Thanks sham for all your help as 2nd pci-e slot is least of my concern going with biostar 890gx.But now price is my concern it should be less than 7k
psu will be corsair 400vx .

i am not going with some mid level graphic card like 5650 becuase If i feel that i require a graphic card after using my rig it will block all my ways of getting good graphic card like 5770 both financially and covering the pci-e slot.


----------



## rahul.007 (Mar 29, 2010)

hey lallu(saurabh).... y so much confusion???? go with biostar 890gx.... i know you will not be adding any graphics card in future.... also i read its reviews.... good ocable board indeed.... and sam, i wanna buy a cpu cooler costing below 3k.... any suggestions????


----------



## coderunknown (Mar 29, 2010)

rahul.007 said:


> hey lallu(saurabh).... y so much confusion???? go with biostar 890gx.... i know you will not be adding any graphics card in future.... also i read its reviews.... good ocable board indeed.... and sam, i wanna buy a cpu cooler costing below 3k.... any suggestions????



well than i feel 890GX best for him. 7k & sata3 + better OC graphics than 790GX's. & cooler? sorry rahul, no idea on the coolers man. i just have went through 1.5k coolers & found katana3 best choice. better than CM Hyper TX2/TX3's.



saurabh_1e said:


> Thanks sham for all your help as 2nd pci-e slot is least of my concern going with biostar 890gx.But now price is my concern it should be less than 7k
> psu will be corsair 400vx .
> 
> i am not going with some mid level graphic card like 5650 becuase If i feel that i require a graphic card after using my rig it will block all my ways of getting good graphic card like 5770 both financially and covering the pci-e slot.



if you not into gaming why you running after graphics card? 890GX better than you expect for all your graphics word you'll ever do + a bit of gaming.


----------



## saurabh_1e (Mar 29, 2010)

Cooler Master GeminII S
Go for it rahul
*www.overclockersclub.com/reviews/cm_geminiis
its under 2.3k and i know you are not going to overclock it will be enough for you
or go with cm n520 best for enthusiast overclocker

---------- Post added at 09:13 PM ---------- Previous post was at 09:08 PM ----------

Cooler Master N520 is under 2.5k
But geminii s will be also able to bring down the temp of your northbridge and ram when using 92 and 80 mm fans simultaneously .

---------- Post added at 09:46 PM ---------- Previous post was at 09:13 PM ----------

At smc nehru place guy told me that they buy products from distributor and they don't buy imported one .and we should not buy the imported ones .but when i ask a nearby shop name don't remember kamal imports or some .....import .there was 700 to 800 Rs difference on procy +mobo.
Is ts really dangerous to buy this imported  product (((imported)) what they say!!)


----------



## Krow (Mar 29, 2010)

Saw something amazing on TE yesterday!

*www.techenclave.com/dealers-paradise/special-price-seasonic-430w-smps-3000-a-163014.html

Brilliant deal!  Seasonic S12II Bronze 430W for *3k* only!


----------



## Piyush (Mar 29, 2010)

Krow said:


> Saw something amazing on TE yesterday!
> 
> *www.techenclave.com/dealers-paradise/special-price-seasonic-430w-smps-3000-a-163014.html
> 
> Brilliant deal!  Seasonic S12II Bronze 430W for *3k* only!


is that a really good one?
i mean seasonic can compete with cooler master/corsair?
i'm  askin because i have no knowledge about seasonic brand


----------



## Krow (Mar 29, 2010)

piyush120290 said:


> is that a really good one?
> i mean seasonic can compete with cooler master/corsair?
> i'm  askin because i have no knowledge about seasonic brand



Haha!

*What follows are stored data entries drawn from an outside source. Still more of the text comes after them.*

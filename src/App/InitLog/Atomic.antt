-- ===== src/App/InitLog/Atomic.antt =====
-- The file with the mote's configuration is whole, old or new: apps/gateway/app_main.cpp.
use bm_sbc.Prelude.{
  ℕ, ◌≡◌, ◌≢◌, ◌⊎◌, refl, sym, true, false, none, some, List, [], ◌∷◌, ◌++◌, c_string, Option, take,
  arith,
}
use bm_sbc.Platform.Files.{Files, FileOp, apply, replay, Always, same_text_refl, same_text-ne}
use bm_sbc.App.InitLog.{
  Entry, entry_line, print_entries, Paths, WriteCalls, Outcome, returned, thrown, app_text,
  line_end, print_all, write_init_log_file,
}

-- The lines of all entries.
pub all_lines : List Entry → List ℕ
all_lines [] = []
all_lines (e ∷ entries) = elim e.key [
  | none ↦ []
  | some key ↦ entry_line key e.value ++ all_lines entries
]

printed_all :
    (entries : List Entry)
    → (print_entries entries).0 ≡ true
    → (print_entries entries).1 ≡ all_lines entries
unfolding print_entries all_lines
printed_all [] ok = refl
printed_all (e ∷ entries) ok = ground (arith, printed_all entries)

pub record Apart (p : Paths) : Type 0 where
  pub log-tmp : p.init_log ≢ p.tmp
  pub log-backup : p.init_log ≢ p.backup
  pub tmp-backup : p.tmp ≢ p.backup

abbrev pub whole_text : List ℕ → List Entry → List ℕ
whole_text app_name entries = app_text ++ (c_string app_name ++ (line_end ++ all_lines entries))

-- A target that a copy has left unfinished: as it was, or the first bytes of the text.
abbrev pub Torn : Option (List ℕ) → List ℕ → Option (List ℕ) → Type 0
Torn old text now = (now ≡ old) ⊎ ((n : ℕ) × (now ≡ some (take n text)))

-- What the files are when the call is over.
abbrev pub Ends : Paths → Files → List ℕ → Outcome → Files → Type 0
Ends p fs text (returned true) now =
    (now p.init_log ≡ some text) × (now p.backup ≡ some text) × (now p.tmp ≡ none)
Ends p fs text (returned false) now =
    (now p.init_log ≡ fs p.init_log) × (now p.backup ≡ fs p.backup)
Ends p fs text thrown now =
    (now p.init_log ≡ some text) × Torn (fs p.backup) text (now p.backup) × (now p.tmp ≡ none)

module _ (c : WriteCalls) (p : Paths) (app_name : List ℕ) (entries : List Entry) (fs : Files) where
  abbrev pub Written : Outcome × List FileOp → Type 0
  Written r =
      Always
        (λ now.
          (now p.init_log ≡ fs p.init_log)
          ⊎ (now p.init_log ≡ some (c.written (whole_text app_name entries))))
        r.1 fs
      × Ends p fs (c.written (whole_text app_name entries)) r.0 (replay r.1 fs)

  all_or_nothing :
      (print_all c app_name entries).0 ≡ true
      → (print_all c app_name entries).1 ≡ whole_text app_name entries
  unfolding print_all
  all_or_nothing ok = ground (arith, printed_all entries)

  -- Whatever the calls of the CBOR library and of the system return, and at whichever of the calls on
  -- the files the process stops, the file of the configuration is what it was, or holds the name of
  -- the program and a line for every entry of the map, as far as fprintf and fputs write them. It is
  -- the latter, and the backup too, if true is returned; if false is returned, both are as they were.
  -- The one other end is that of a copy to the backup that throws: the new file is in place, and the
  -- backup is as it was or holds the first bytes of the new text.
  pub write_init_log_file_lem : Apart p → Written (write_init_log_file c p app_name entries)
  unfolding write_init_log_file apply replay
  write_init_log_file_lem apart = ground (
    arith,
    all_or_nothing,
    same_text_refl p.tmp,
    same_text_refl p.init_log,
    same_text_refl p.backup,
    same_text-ne p.tmp p.init_log (λ e. apart.log-tmp (sym e)),
    same_text-ne p.init_log p.tmp apart.log-tmp,
    same_text-ne p.tmp p.backup apart.tmp-backup,
    same_text-ne p.backup p.tmp (λ e. apart.tmp-backup (sym e)),
    same_text-ne p.init_log p.backup apart.log-backup,
    same_text-ne p.backup p.init_log (λ e. apart.log-backup (sym e)),
  )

Corsair VX450W is Seasonic OEM. This means it is essentially a Seasonic unit.  Hope you know how good Seasonic is.

Cooler Master makes some of the crappiest power supply units (CM Extreme) as well as some of the pretty good ones (CM Silent/Real Power Pro). Corsair is Corsair. Seasonic, I would say, is only inferior to Corsair in terms of warranty. Its S12II Bronze (lower end) series has 3 year warranty, while the M12D series has 5 years (high end).

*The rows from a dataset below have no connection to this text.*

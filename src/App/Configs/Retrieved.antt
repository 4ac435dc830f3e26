-- ===== src/App/Configs/Retrieved.antt =====
-- What file of the configuration the gateway of apps/gateway/app_main.cpp starts with.
use bm_sbc.Prelude.{
  ℕ, zero, suc, ◌+◌, ◌≤◌, ◌<◌, ◌≡◌, ◌⊎◌, inl, inr, refl, sym, ap, ◌∙◌, true, false, not, Option,
  none, some, List, [], ◌∷◌, append-nil, ◌==◌, ◌||◌, leb, by_if, take, arith,
}
use bm_sbc.Platform.Files.{
  Files, FileOp, replay, replay-append, apply, put, same_text_refl, same_text-ne,
}
use bm_sbc.App.Requests.{service_timeout}
use bm_sbc.App.Requests.Retries.{got_lem}
use bm_sbc.App.InitLog.{
  Paths, WriteCalls, Outcome, returned, thrown, MapReply, config_map_reply_cb, restore_backup,
  restored, write_init_log_file, Copy, completes, throws,
}
use bm_sbc.App.InitLog.Atomic.{Apart, Torn, Ends, whole_text, write_init_log_file_lem}
use bm_sbc.App.Configs.{
  Answer, prepend, after_callback, configs_loop, without_result, or_restore,
  get_mote_system_configs,
}

module _ (p : Paths) (app_name : List ℕ) where
  -- The text that a reply is written as.
  abbrev pub reply_text : WriteCalls → MapReply → List ℕ
  reply_text c r = c.written (whole_text app_name r.entries)

  -- After one callback.
  abbrev CallbackEnds : WriteCalls → Option MapReply → Files → Outcome → Files → Type 0
  CallbackEnds c reply fs (returned true) now =
      (r : MapReply) × (reply ≡ some r)
      × (now p.init_log ≡ some (reply_text c r))
      × (now p.backup ≡ some (reply_text c r))
  CallbackEnds c reply fs (returned false) now =
      (now p.init_log ≡ fs p.init_log) × (now p.backup ≡ fs p.backup)
  CallbackEnds c reply fs thrown now =
      (r : MapReply) × (reply ≡ some r)
      × (now p.init_log ≡ some (reply_text c r))
      × Torn (fs p.backup) (reply_text c r) (now p.backup)

  written-CallbackEnds :
      (c : WriteCalls) (r : MapReply) (fs : Files) (outcome : Outcome) (now : Files)
      → Ends p fs (reply_text c r) outcome now
      → CallbackEnds c (some r) fs outcome now
  written-CallbackEnds c r fs (returned true) now (log, backup, tmp) = (r, refl, log, backup)
  written-CallbackEnds c r fs (returned false) now ends = ends
  written-CallbackEnds c r fs thrown now (log, backup, tmp) = (r, refl, log, backup)

  abbrev Callback : WriteCalls → Option MapReply → Files → Outcome × List FileOp → Type 0
  Callback c reply fs r = CallbackEnds c reply fs r.0 (replay r.1 fs)

  reply_cb-CallbackEnds :
      (c : WriteCalls) (reply : Option MapReply) (fs : Files)
      → Apart p
      → Callback c reply fs (config_map_reply_cb c p app_name reply)
  unfolding config_map_reply_cb replay
  reply_cb-CallbackEnds c none fs apart = (refl, refl)
  reply_cb-CallbackEnds c (some r) fs apart =
      by_if (Callback c (some r) fs) (not r.decodes) _ _ (λ _. (refl, refl))
        (λ _.
          by_if (Callback c (some r) fs) (not r.success || (not r.has_data || r.map_len == 0)) _ _
            (λ _. (refl, refl))
            (λ _.
              let written = write_init_log_file c p app_name r.entries in
              written-CallbackEnds c r fs written.0 (replay written.1 fs)
                (write_init_log_file_lem c p app_name r.entries fs apart).1))

  module _ (answers : ℕ → Answer) where
    -- The file holds the entries of the reply to one of the five requests, and the backup is as is said
    -- of the same text.
    abbrev pub Replied : (List ℕ → Type 0) → Files → Type 0
    Replied Backup now =
        (k : ℕ) × (r : MapReply) × (k < 5)
        × ((answers k).reply ≡ some r)
        × (now p.init_log ≡ some (reply_text (answers k).calls r))
        × Backup (reply_text (answers k).calls r)

    abbrev pub BothReplied : Files → Type 0
    BothReplied now = Replied (λ text. now p.backup ≡ some text) now

    abbrev pub BackupTorn : Files → Files → Type 0
    BackupTorn fs now = Replied (λ text. Torn (fs p.backup) text (now p.backup)) now

    abbrev LoopEnds : Files → Outcome → Files → Type 0
    LoopEnds fs (returned true) now = BothReplied now
    LoopEnds fs (returned false) now =
        (now p.init_log ≡ fs p.init_log) × (now p.backup ≡ fs p.backup)
    LoopEnds fs thrown now = BackupTorn fs now

    abbrev Loop : Files → Outcome × List FileOp → Type 0
    Loop fs r = LoopEnds fs r.0 (replay r.1 fs)

    -- Operations that leave both files alone, in front.
    prepend-Loop :
        (front : List FileOp) (fs : Files) (rest : Outcome × List FileOp)
        → replay front fs p.init_log ≡ fs p.init_log
        → replay front fs p.backup ≡ fs p.backup
        → Loop (replay front fs) rest
        → Loop fs (prepend front rest)
    prepend-Loop front fs (returned true, ops) log backup ends =
        rw (replay-append front ops fs) ends
    prepend-Loop front fs (returned false, ops) log backup ends =
        rw (replay-append front ops fs) (ends.0 ∙ log, ends.1 ∙ backup)
    prepend-Loop front fs (thrown, ops) log backup ends =
        rw (replay-append front ops fs, sym backup) ends

    after_callback-Loop :
        (attempt : ℕ) (fs : Files) (r rest : Outcome × List FileOp)
        → attempt < 5
        → leb (answers attempt).after service_timeout ≡ true
        → Callback (answers attempt).calls (answers attempt).reply fs r
        → ((fs' : Files) → Loop fs' rest)
        → Loop fs (after_callback (answers attempt).after r rest)
    after_callback-Loop attempt fs (returned true, ops) rest lt came (r, is, log, backup) later =
        rw (got_lem service_timeout (some (answers attempt).after) refl ∙ came)
          (attempt, r, lt, is, log, backup)
    after_callback-Loop attempt fs (returned false, ops) rest lt came (log, backup) later =
        prepend-Loop ops fs rest log backup (later (replay ops fs))
    after_callback-Loop attempt fs (thrown, ops) rest lt came (r, is, log, backup) later =
        (attempt, r, lt, is, log, backup)

    configs_loop-Loop :
        (retries attempt : ℕ) (fs : Files)
        → attempt + retries ≤ 5
        → Apart p
        → Loop fs (configs_loop p app_name answers retries attempt)
    unfolding configs_loop replay
    configs_loop-Loop zero attempt fs within apart = (refl, refl)
    configs_loop-Loop (suc retries) attempt fs within apart =
        let a = answers attempt in
        let rest = configs_loop p app_name answers retries (suc attempt) in
        let later : (fs' : Files) → Loop fs' rest =
          λ fs'. configs_loop-Loop retries (suc attempt) fs' (omega arith) apart in
        by_if (Loop fs) (leb a.after service_timeout) _ _
          (λ came.
            after_callback-Loop attempt fs (config_map_reply_cb a.calls p app_name a.reply) rest
              (omega arith) came (reply_cb-CallbackEnds a.calls a.reply fs apart) later)
          (λ _. later fs)

    abbrev pub or_file : Option (List ℕ) → Option (List ℕ) → Option (List ℕ)
    or_file none file = file
    or_file (some bytes) file = some bytes

    -- The file is a copy of the backup that is not finished.
    abbrev pub LogTorn : Files → Files → Type 0
    LogTorn fs now =
        (bytes : List ℕ) × (fs p.backup ≡ some bytes)
        × Torn (fs p.init_log) bytes (now p.init_log)
        × (now p.backup ≡ fs p.backup)

    abbrev pub Starts : Files → Outcome → Files → Type 0
    Starts fs (returned true) now = BothReplied now
    Starts fs (returned false) now =
        (now p.init_log ≡ or_file (fs p.backup) (fs p.init_log)) × (now p.backup ≡ fs p.backup)
    Starts fs thrown now = BackupTorn fs now ⊎ LogTorn fs now

    abbrev pub StartsWith : Files → Outcome × List FileOp → Type 0
    StartsWith fs r = Starts fs r.0 (replay r.1 fs)

    restored-Starts :
        (copies : Copy) (ops : List FileOp) (fs : Files) (backup : Option (List ℕ))
        → Apart p
        → replay ops fs p.backup ≡ backup
        → replay ops fs p.init_log ≡ fs p.init_log
        → replay ops fs p.backup ≡ fs p.backup
        → StartsWith fs (without_result ops (restored copies p backup))
    unfolding apply replay
    restored-Starts copies ops fs none apart is log same =
        rw (append-nil ops) (log ∙ ap (λ f. or_file f (fs p.init_log)) (sym is ∙ same), same)
    restored-Starts completes ops fs (some bytes) apart is log same =
        rw (replay-append ops (put p.init_log [] ∷ put p.init_log bytes ∷ []) fs) (
          ground (
            arith,
            sym is ∙ same,
            same_text_refl p.init_log,
            same_text-ne p.init_log p.backup apart.log-backup,
          ))
    restored-Starts (throws none) ops fs (some bytes) apart is log same =
        rw (append-nil ops) (inr (bytes, sym same ∙ is, inl log, same))
    restored-Starts (throws (some n)) ops fs (some bytes) apart is log same =
        rw (replay-append ops (put p.init_log [] ∷ put p.init_log (take n bytes) ∷ []) fs) (
          inr (
            bytes,
            sym same ∙ is,
            inr (n, ground (arith, same_text_refl p.init_log)),
            ground (arith, same, same_text-ne p.init_log p.backup apart.log-backup),
          ))

    or_restore-Starts :
        (copies : Copy) (fs : Files) (r : Outcome × List FileOp)
        → Apart p
        → Loop fs r
        → StartsWith fs (or_restore copies p fs r)
    unfolding restore_backup
    or_restore-Starts copies fs (returned true, ops) apart ends = ends
    or_restore-Starts copies fs (returned false, ops) apart (log, backup) =
        restored-Starts copies ops fs (replay ops fs p.backup) apart refl log backup
    or_restore-Starts copies fs (thrown, ops) apart torn = inl torn

    -- Whatever comes in answer to the five requests, and whatever the calls return: if the flag is set at
    -- the end, the file of the configuration holds the name of the program and a line for every entry of
    -- one of the replies, as far as fprintf and fputs write them, and the backup holds the same. If it is
    -- not, the file is the backup where there is one, and else as it was, and the backup is as it was.
    -- Where a copy throws, either the file is that of a reply and the backup as it was or the first bytes
    -- of the same text, or the file is as it was or the first bytes of the backup, which is as it was.
    pub configs_retrieved :
        (copies : Copy) (fs : Files)
        → Apart p
        → StartsWith fs (get_mote_system_configs p app_name answers copies fs)
    unfolding get_mote_system_configs
    configs_retrieved copies fs apart =
        or_restore-Starts copies fs (configs_loop p app_name answers 5 0) apart
          (configs_loop-Loop 5 0 fs (omega arith) apart)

Nevertheless, at that price, I would buy it eyes closed.


----------



## coderunknown (Mar 30, 2010)

Krow said:


> Saw something amazing on TE yesterday!
> 
> *www.techenclave.com/dealers-paradise/special-price-seasonic-430w-smps-3000-a-163014.html
> 
> Brilliant deal!  Seasonic S12II Bronze 430W for *3k* only!



gift it to me 

well very good deal, indeed. however can it match Corsair VX450? in wattage?


----------



## Piyush (Mar 30, 2010)

Krow said:


> Haha! Corsair VX450W is Seasonic OEM. This means it is essentially a Seasonic unit.  Hope you know how good Seasonic is.
> 
> Cooler Master makes some of the crappiest power supply units (CM Extreme) as well as some of the pretty good ones (CM Silent/Real Power Pro). Corsair is Corsair. Seasonic, I would say, is only inferior to Corsair in terms of warranty. Its S12II Bronze (lower end) series has 3 year warranty, while the M12D series has 5 years (high end).
> 
> Nevertheless, at that price, I would buy it eyes closed.


ooops
never knew that
thanks for the info buddy
 and  yeah  cm *extreme* series
really crappy one


----------



## coderunknown (Mar 30, 2010)

piyush120290 said:


> ooops
> never knew that
> thanks for the info buddy
> and  yeah  cm *extreme* series
> really crappy one



but still brings to them good amount of cash. one of best selling PSU. cause its got brand + wattage + low cost.


----------



## Piyush (Mar 31, 2010)

Sam.Shab said:


> but still brings to them good amount of cash. one of best selling PSU. cause its got brand + wattage + low cost.


yeah absolutely right
its got brand + wattage + low cost *

*-buy at ur own risk
:C_lol2::C_lol2::C_lol2:


----------



## Krow (Mar 31, 2010)

Sam.Shab said:


> gift it to me


Sure. If you gift me a Dell UltraSharp 24" WFP. 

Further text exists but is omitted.